Exercise: Nothing but the lines from the one with "-- faster, and a table with a job." down to the one with "min_ms = pos median;" should be returned, exactly and with both ends included, from the material below.

Provided records:
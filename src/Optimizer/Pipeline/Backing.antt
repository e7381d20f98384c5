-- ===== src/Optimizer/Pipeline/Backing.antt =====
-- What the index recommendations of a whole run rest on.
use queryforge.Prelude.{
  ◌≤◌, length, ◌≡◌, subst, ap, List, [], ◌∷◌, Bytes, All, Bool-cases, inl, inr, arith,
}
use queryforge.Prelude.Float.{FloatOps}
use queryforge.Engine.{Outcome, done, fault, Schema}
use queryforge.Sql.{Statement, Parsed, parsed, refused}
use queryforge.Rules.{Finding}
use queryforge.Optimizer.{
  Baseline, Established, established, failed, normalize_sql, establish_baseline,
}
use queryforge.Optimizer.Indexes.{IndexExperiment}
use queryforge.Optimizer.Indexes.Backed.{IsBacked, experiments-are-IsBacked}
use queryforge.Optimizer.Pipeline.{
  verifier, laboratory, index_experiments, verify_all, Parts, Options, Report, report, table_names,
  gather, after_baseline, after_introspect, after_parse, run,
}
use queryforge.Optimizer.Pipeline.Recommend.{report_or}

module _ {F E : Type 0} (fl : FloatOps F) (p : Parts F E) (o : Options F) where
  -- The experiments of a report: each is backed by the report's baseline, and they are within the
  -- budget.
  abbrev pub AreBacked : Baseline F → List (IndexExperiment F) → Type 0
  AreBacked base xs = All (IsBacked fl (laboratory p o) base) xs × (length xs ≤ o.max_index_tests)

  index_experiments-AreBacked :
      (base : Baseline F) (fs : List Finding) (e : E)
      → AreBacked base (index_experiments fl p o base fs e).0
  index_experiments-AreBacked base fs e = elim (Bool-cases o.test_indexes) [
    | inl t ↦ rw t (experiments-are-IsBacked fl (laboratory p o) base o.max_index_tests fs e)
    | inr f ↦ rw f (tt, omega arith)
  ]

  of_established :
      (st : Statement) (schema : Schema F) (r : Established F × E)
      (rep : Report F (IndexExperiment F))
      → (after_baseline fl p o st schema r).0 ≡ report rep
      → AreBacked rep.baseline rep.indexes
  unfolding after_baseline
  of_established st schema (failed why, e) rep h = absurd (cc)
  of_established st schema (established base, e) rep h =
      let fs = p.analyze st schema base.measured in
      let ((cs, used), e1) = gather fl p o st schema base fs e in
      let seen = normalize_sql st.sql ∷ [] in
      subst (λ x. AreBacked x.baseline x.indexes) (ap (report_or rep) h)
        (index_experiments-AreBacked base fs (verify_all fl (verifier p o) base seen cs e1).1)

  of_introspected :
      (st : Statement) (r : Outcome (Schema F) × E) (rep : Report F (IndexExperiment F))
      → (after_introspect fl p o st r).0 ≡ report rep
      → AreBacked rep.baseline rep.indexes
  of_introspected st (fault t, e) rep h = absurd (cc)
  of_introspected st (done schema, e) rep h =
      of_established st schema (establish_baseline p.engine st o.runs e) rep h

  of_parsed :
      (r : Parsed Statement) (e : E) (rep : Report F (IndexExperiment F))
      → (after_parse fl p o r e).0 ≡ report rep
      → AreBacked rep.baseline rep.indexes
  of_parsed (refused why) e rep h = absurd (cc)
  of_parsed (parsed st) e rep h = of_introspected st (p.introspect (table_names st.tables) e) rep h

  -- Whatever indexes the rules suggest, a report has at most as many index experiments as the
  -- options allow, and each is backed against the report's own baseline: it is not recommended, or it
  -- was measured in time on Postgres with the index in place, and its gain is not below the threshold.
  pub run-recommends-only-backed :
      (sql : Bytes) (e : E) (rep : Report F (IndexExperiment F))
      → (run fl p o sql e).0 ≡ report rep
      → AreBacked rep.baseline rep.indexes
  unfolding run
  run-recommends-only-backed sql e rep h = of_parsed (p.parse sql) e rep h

==

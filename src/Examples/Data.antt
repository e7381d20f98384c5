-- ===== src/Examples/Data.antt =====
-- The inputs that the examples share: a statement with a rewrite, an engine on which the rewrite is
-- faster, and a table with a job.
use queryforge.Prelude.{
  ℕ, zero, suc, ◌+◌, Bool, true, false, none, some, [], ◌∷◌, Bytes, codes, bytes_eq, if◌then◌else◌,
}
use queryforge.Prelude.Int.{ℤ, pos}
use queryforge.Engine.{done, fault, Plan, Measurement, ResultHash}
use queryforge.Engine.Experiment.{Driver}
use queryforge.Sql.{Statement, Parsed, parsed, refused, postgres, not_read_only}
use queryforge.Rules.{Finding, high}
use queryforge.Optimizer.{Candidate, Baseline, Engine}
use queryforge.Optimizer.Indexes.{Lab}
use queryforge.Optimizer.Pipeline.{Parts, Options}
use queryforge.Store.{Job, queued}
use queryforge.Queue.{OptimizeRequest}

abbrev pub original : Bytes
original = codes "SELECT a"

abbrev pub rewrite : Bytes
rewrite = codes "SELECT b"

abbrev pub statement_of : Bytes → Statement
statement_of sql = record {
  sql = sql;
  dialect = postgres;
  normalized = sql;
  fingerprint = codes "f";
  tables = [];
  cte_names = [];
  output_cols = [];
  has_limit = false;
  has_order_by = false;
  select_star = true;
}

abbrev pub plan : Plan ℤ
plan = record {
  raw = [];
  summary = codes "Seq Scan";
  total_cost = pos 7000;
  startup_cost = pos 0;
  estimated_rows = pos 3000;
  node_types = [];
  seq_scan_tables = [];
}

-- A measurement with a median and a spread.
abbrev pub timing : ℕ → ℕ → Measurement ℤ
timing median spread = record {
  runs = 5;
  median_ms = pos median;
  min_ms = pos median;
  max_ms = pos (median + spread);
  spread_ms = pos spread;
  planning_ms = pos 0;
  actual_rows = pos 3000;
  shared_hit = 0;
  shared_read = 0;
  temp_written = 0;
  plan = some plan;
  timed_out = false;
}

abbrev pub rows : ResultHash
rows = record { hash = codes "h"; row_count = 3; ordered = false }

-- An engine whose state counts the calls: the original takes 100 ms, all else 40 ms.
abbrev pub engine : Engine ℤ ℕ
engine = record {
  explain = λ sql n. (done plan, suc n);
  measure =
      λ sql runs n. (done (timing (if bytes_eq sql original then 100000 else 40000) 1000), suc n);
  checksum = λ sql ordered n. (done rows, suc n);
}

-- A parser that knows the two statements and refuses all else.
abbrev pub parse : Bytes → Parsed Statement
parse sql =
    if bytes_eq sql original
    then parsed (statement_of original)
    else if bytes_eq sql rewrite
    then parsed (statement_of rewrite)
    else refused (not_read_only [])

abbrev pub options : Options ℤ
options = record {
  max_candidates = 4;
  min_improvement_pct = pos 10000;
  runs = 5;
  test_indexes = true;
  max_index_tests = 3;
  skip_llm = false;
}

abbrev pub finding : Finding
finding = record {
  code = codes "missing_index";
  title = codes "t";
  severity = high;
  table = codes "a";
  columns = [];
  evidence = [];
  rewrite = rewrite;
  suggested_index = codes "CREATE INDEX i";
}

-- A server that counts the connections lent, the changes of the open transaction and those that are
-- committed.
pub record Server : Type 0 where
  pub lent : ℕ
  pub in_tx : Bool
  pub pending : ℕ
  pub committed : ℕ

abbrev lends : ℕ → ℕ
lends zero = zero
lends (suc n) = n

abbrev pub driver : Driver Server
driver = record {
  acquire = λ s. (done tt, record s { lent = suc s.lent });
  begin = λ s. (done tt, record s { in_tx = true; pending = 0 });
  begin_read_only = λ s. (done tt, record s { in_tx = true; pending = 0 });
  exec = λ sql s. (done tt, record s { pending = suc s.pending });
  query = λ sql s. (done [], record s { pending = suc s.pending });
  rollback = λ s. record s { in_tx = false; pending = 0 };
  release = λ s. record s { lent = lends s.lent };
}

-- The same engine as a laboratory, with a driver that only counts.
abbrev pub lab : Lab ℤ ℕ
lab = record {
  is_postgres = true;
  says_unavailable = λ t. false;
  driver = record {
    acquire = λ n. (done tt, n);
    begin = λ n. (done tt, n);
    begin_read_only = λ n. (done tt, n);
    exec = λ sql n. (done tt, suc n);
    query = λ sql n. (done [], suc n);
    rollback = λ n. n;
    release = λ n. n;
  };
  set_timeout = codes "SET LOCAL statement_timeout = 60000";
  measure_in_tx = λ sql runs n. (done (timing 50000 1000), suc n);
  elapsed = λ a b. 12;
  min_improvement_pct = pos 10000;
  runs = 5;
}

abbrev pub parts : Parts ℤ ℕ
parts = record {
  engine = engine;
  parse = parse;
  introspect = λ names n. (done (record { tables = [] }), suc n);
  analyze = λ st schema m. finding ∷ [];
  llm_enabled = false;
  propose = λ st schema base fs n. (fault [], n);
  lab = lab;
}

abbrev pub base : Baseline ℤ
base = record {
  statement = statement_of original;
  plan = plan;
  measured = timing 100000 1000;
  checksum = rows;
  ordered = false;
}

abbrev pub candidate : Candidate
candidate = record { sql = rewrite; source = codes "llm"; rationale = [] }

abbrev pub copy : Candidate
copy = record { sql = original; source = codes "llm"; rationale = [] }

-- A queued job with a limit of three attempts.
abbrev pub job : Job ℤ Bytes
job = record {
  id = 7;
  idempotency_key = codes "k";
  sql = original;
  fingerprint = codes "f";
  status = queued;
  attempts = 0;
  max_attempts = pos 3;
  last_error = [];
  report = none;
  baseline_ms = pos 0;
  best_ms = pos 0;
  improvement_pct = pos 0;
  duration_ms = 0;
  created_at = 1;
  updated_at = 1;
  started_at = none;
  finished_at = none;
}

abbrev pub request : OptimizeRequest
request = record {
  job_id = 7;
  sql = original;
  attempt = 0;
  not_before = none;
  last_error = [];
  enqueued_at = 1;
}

Finished task:
-- faster, and a table with a job.
use queryforge.Prelude.{
  ℕ, zero, suc, ◌+◌, Bool, true, false, none, some, [], ◌∷◌, Bytes, codes, bytes_eq, if◌then◌else◌,
}
use queryforge.Prelude.Int.{ℤ, pos}
use queryforge.Engine.{done, fault, Plan, Measurement, ResultHash}
use queryforge.Engine.Experiment.{Driver}
use queryforge.Sql.{Statement, Parsed, parsed, refused, postgres, not_read_only}
use queryforge.Rules.{Finding, high}
use queryforge.Optimizer.{Candidate, Baseline, Engine}
use queryforge.Optimizer.Indexes.{Lab}
use queryforge.Optimizer.Pipeline.{Parts, Options}
use queryforge.Store.{Job, queued}
use queryforge.Queue.{OptimizeRequest}

abbrev pub original : Bytes
original = codes "SELECT a"

abbrev pub rewrite : Bytes
rewrite = codes "SELECT b"

abbrev pub statement_of : Bytes → Statement
statement_of sql = record {
  sql = sql;
  dialect = postgres;
  normalized = sql;
  fingerprint = codes "f";
  tables = [];
  cte_names = [];
  output_cols = [];
  has_limit = false;
  has_order_by = false;
  select_star = true;
}

abbrev pub plan : Plan ℤ
plan = record {
  raw = [];
  summary = codes "Seq Scan";
  total_cost = pos 7000;
  startup_cost = pos 0;
  estimated_rows = pos 3000;
  node_types = [];
  seq_scan_tables = [];
}

-- A measurement with a median and a spread.
abbrev pub timing : ℕ → ℕ → Measurement ℤ
timing median spread = record {
  runs = 5;
  median_ms = pos median;
  min_ms = pos median;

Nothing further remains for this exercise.